> **WHAT THIS TASK INVOLVES**:
Work out how many lines of the entries have the word "kati" in them. Respond with that number only.

--- EXERCISE DATA Enclosed Below ---

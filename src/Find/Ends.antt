-- ===== src/Find/Ends.antt =====
-- The end of `RunFind` of src/find.cc, over a tree with symbolic links.
use kati.Prelude.{
  ℕ, zero, suc, ◌+◌, ◌<◌, ◌≡◌, ◌≢◌, ◌⊎◌, inl, inr, Bool, true, false, not, ◌&&◌, Option, none, some,
  List, [], ◌∷◌, arith, Bytes, length, get_elem?, All, leb, ◌==◌,
}
use kati.Find.{
  FindCommand, dir, is_findleaves, Node, dir_node, file_node, symlink_node, Walk, Found, found,
  unsupported, out_of_fuel, enoent,
}
use kati.Find.Cases.{after_run, after_test, choose}
use kati.Find.Run.{
  path_of, find_reading, holds, run_children, is_directory, base_of, run_dir, run_find, run_symlink,
  run_directory, run_node, is_fresh,
}

-- A walk that has not run out of fuel.
abbrev Ended : Found → Type 0
Ended (found w) = Unit {0}
Ended unsupported = Unit {0}
Ended out_of_fuel = ⊥

-- A walk of any entry whose rank is below the fuel comes to an end.
abbrev EndsBelow : (ℕ → ℕ) → ℕ → (ℕ → Bytes → Walk → Found) → Type 0
EndsBelow rank f run = (n : ℕ) (p : Bytes) (v : Walk) → rank n < f → Ended (run n p v)

-- Where a walk goes on from an entry of rank `r`, the rank falls: at the children of a directory,
-- and at the end of a link if links are followed.
abbrev pub GoesDown : Bool → (ℕ → ℕ) → ℕ → Option Node → Type 0
GoesDown follows rank r none = Unit {0}
GoesDown follows rank r (some (file_node name type)) = Unit {0}
GoesDown follows rank r (some (dir_node name parent children)) = All (λ e. rank e.1 < r) children
GoesDown follows rank r (some (symlink_node name errno none)) = Unit {0}
GoesDown follows rank r (some (symlink_node name errno (some m))) = (follows ≡ false) ⊎ (rank m < r)

run_children-Ended :
    (rank : ℕ → ℕ) (f : ℕ) (run : ℕ → Bytes → Walk → Found) (accept : ℕ → Bool)
    (base_of : ℕ → Bytes) (path : Bytes) (children : List (Bytes × ℕ)) (w : Walk)
    → EndsBelow rank f run
    → All (λ e. rank e.1 < f) children
    → Ended (run_children run accept base_of path children w)
unfolding run_children
run_children-Ended rank f run accept base_of path [] w g h = tt
run_children-Ended rank f run accept base_of path ((name, c) ∷ children) w g h =
    let rest = λ (v : Walk). run_children-Ended rank f run accept base_of path children v g h.1 in
    after_test Ended (accept c) _ _
      (λ _. after_run Ended (run c (path_of path (base_of c)) w) _ (g c _ w h.0) (λ v _. rest v))
      (λ _. rest w)

module _ (fnmatch : Bytes → Bytes → Bool) (nodes : List Node) (fc : FindCommand)
    (rank : ℕ → ℕ) where
  run_dir-Ended :
      (f k : ℕ) (run : ℕ → Bytes → Walk → Found) (path : Bytes) (children : List (Bytes × ℕ))
      (w : Walk)
      → EndsBelow rank f run
      → All (λ e. rank e.1 < f) children
      → Ended (run_dir fnmatch nodes k run fc path children w)
  unfolding run_dir
  run_dir-Ended f k run path children w g h =
      let all = λ (accept : ℕ → Bool) (v : Walk).
        run_children-Ended rank f run accept (base_of nodes) path children v g h in
      choose Ended (is_findleaves fc.type) _ _
        (after_run Ended
          (run_children run (λ c. not (is_directory nodes k c)) (base_of nodes) path children w) _
          (all (λ c. not (is_directory nodes k c)) w)
          (λ w' _.
            after_test Ended (length w'.out == length w.out) _ _
              (λ _. all (is_directory nodes k) w') (λ _. tt)))
        (all (λ c. true) w)

  run_symlink-Ended :
      (f : ℕ) (run : ℕ → Bytes → Walk → Found) (d : ℕ) (path name : Bytes) (errno : ℕ)
      (to : Option ℕ) (w : Walk)
      → EndsBelow rank f run
      → GoesDown fc.follows_symlinks rank f (some (symlink_node name errno to))
      → Ended (run_symlink fnmatch nodes run fc d path errno to w)
  unfolding run_symlink
  run_symlink-Ended f run d path name errno to w g h =
      after_test Ended (fc.follows_symlinks && not (errno == enoent)) _ _
        (λ e. after_test Ended (errno == 0) _ _ (λ _. followed to h (ground arith)) (λ _. tt))
        (λ _. tt)
    where
      followed :
          (o : Option ℕ)
          → GoesDown fc.follows_symlinks rank f (some (symlink_node name errno o))
          → fc.follows_symlinks ≡ true
          → Ended (elim o [ none ↦ unsupported | some m ↦ run m path w ])
      followed none k e = tt
      followed (some m) (inl no_link) e = absurd (cc)
      followed (some m) (inr lower) e = g m path w lower

  run_directory-Ended :
      (f k : ℕ) (run : ℕ → Bytes → Walk → Found) (d : ℕ) (path : Bytes)
      (children : List (Bytes × ℕ)) (w : Walk)
      → EndsBelow rank f run
      → All (λ e. rank e.1 < f) children
      → Ended (run_directory fnmatch nodes k run fc d path children w)
  unfolding run_directory
  run_directory-Ended f k run d path children w g h =
      after_test Ended (holds fnmatch false fc.prune_cond path dir) _ _
        (λ _. after_test Ended (is_findleaves fc.type) _ _ (λ _. tt) (λ _. tt))
        (λ _.
          after_test Ended (leb fc.depth d) _ _ (λ _. tt)
            (λ _. run_dir-Ended f k run path children _ g h))

  run_node-Ended :
      (f k : ℕ) (run : ℕ → List (ℕ × Bytes) → ℕ → Bytes → Walk → Found) (d : ℕ)
      (dirs : List (ℕ × Bytes)) (n : ℕ) (path : Bytes) (o : Option Node) (w : Walk)
      → ((d' : ℕ) (dirs' : List (ℕ × Bytes)) → EndsBelow rank f (run d' dirs'))
      → GoesDown fc.follows_symlinks rank f o
      → Ended (run_node fnmatch nodes k run fc d dirs n path o w)
  unfolding run_node
  run_node-Ended f k run d dirs n path none w g h = tt
  run_node-Ended f k run d dirs n path (some (file_node name type)) w g h = tt
  run_node-Ended f k run d dirs n path (some (symlink_node name errno to)) w g h =
      run_symlink-Ended f (run d dirs) d path name errno to w (g d dirs) h
  run_node-Ended f k run d dirs n path (some (dir_node name parent children)) w g h =
      after_test Ended (is_fresh fnmatch nodes (find_reading n dirs)) _ _
        (λ _. run_directory-Ended f k _ d path children w (g (d + 1) _) h) (λ _. tt)

  Rank-le :
      (r s : ℕ) (o : Option Node)
      → r < suc s
      → GoesDown fc.follows_symlinks rank r o
      → GoesDown fc.follows_symlinks rank s o
  Rank-le r s none h g = tt
  Rank-le r s (some (file_node name type)) h g = tt
  Rank-le r s (some (dir_node name parent children)) h g = below children g
    where
      below : (es : List (Bytes × ℕ)) → All (λ e. rank e.1 < r) es → All (λ e. rank e.1 < s) es
      below [] k = tt
      below (e ∷ es) k = (omega (arith, k.0), below es k.1)
  Rank-le r s (some (symlink_node name errno none)) h g = tt
  Rank-le r s (some (symlink_node name errno (some m))) h (inl no_link) = inl no_link
  Rank-le r s (some (symlink_node name errno (some m))) h (inr lower) = inr (omega arith)

  run_find-Ended :
      ((n : ℕ) → GoesDown fc.follows_symlinks rank (rank n) (get_elem? nodes n))
      → (f d : ℕ) (cur_read_dirs : List (ℕ × Bytes)) (n : ℕ) (path : Bytes) (w : Walk) → rank n < f
      → Ended (run_find fnmatch nodes f fc d cur_read_dirs n path w)
  unfolding run_find
  run_find-Ended down zero d cur n path w h = elim h [ ]
  run_find-Ended down (suc f) d cur n path w h =
      run_node-Ended f f (run_find fnmatch nodes f fc) d cur n path (get_elem? nodes n) w
        (λ d' cur' m p v k. run_find-Ended down f d' cur' m p v k)
        (Rank-le (rank n) f (get_elem? nodes n) h (down n))

Ended-ne : (r : Found) → Ended r → r ≢ out_of_fuel
Ended-ne (found w) h e = cc
Ended-ne unsupported h e = cc
Ended-ne out_of_fuel h e = h

-- In a tree without cycles `RunFind` comes to an end: if some rank of the entries falls from each
-- directory to its children and, where the command follows symbolic links, from each link to what it
-- leads to, then fuel above the rank of the first entry never runs out. So it is at every depth,
-- whatever directories are being read and whatever the command asks for.
pub run_find-ends :
    (fnmatch : Bytes → Bytes → Bool) (nodes : List Node) (fc : FindCommand) (rank : ℕ → ℕ)
    → ((n : ℕ) → GoesDown fc.follows_symlinks rank (rank n) (get_elem? nodes n))
    → (f d : ℕ) (cur_read_dirs : List (ℕ × Bytes)) (n : ℕ) (path : Bytes) (w : Walk) → rank n < f
    → run_find fnmatch nodes f fc d cur_read_dirs n path w ≢ out_of_fuel
run_find-ends fnmatch nodes fc rank down f d cur n path w h =
    Ended-ne _ (run_find-Ended fnmatch nodes fc rank down f d cur n path w h)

--- End of Enclosed EXERCISE DATA ---

> **OUTPUT OF THE EXERCISE**:
4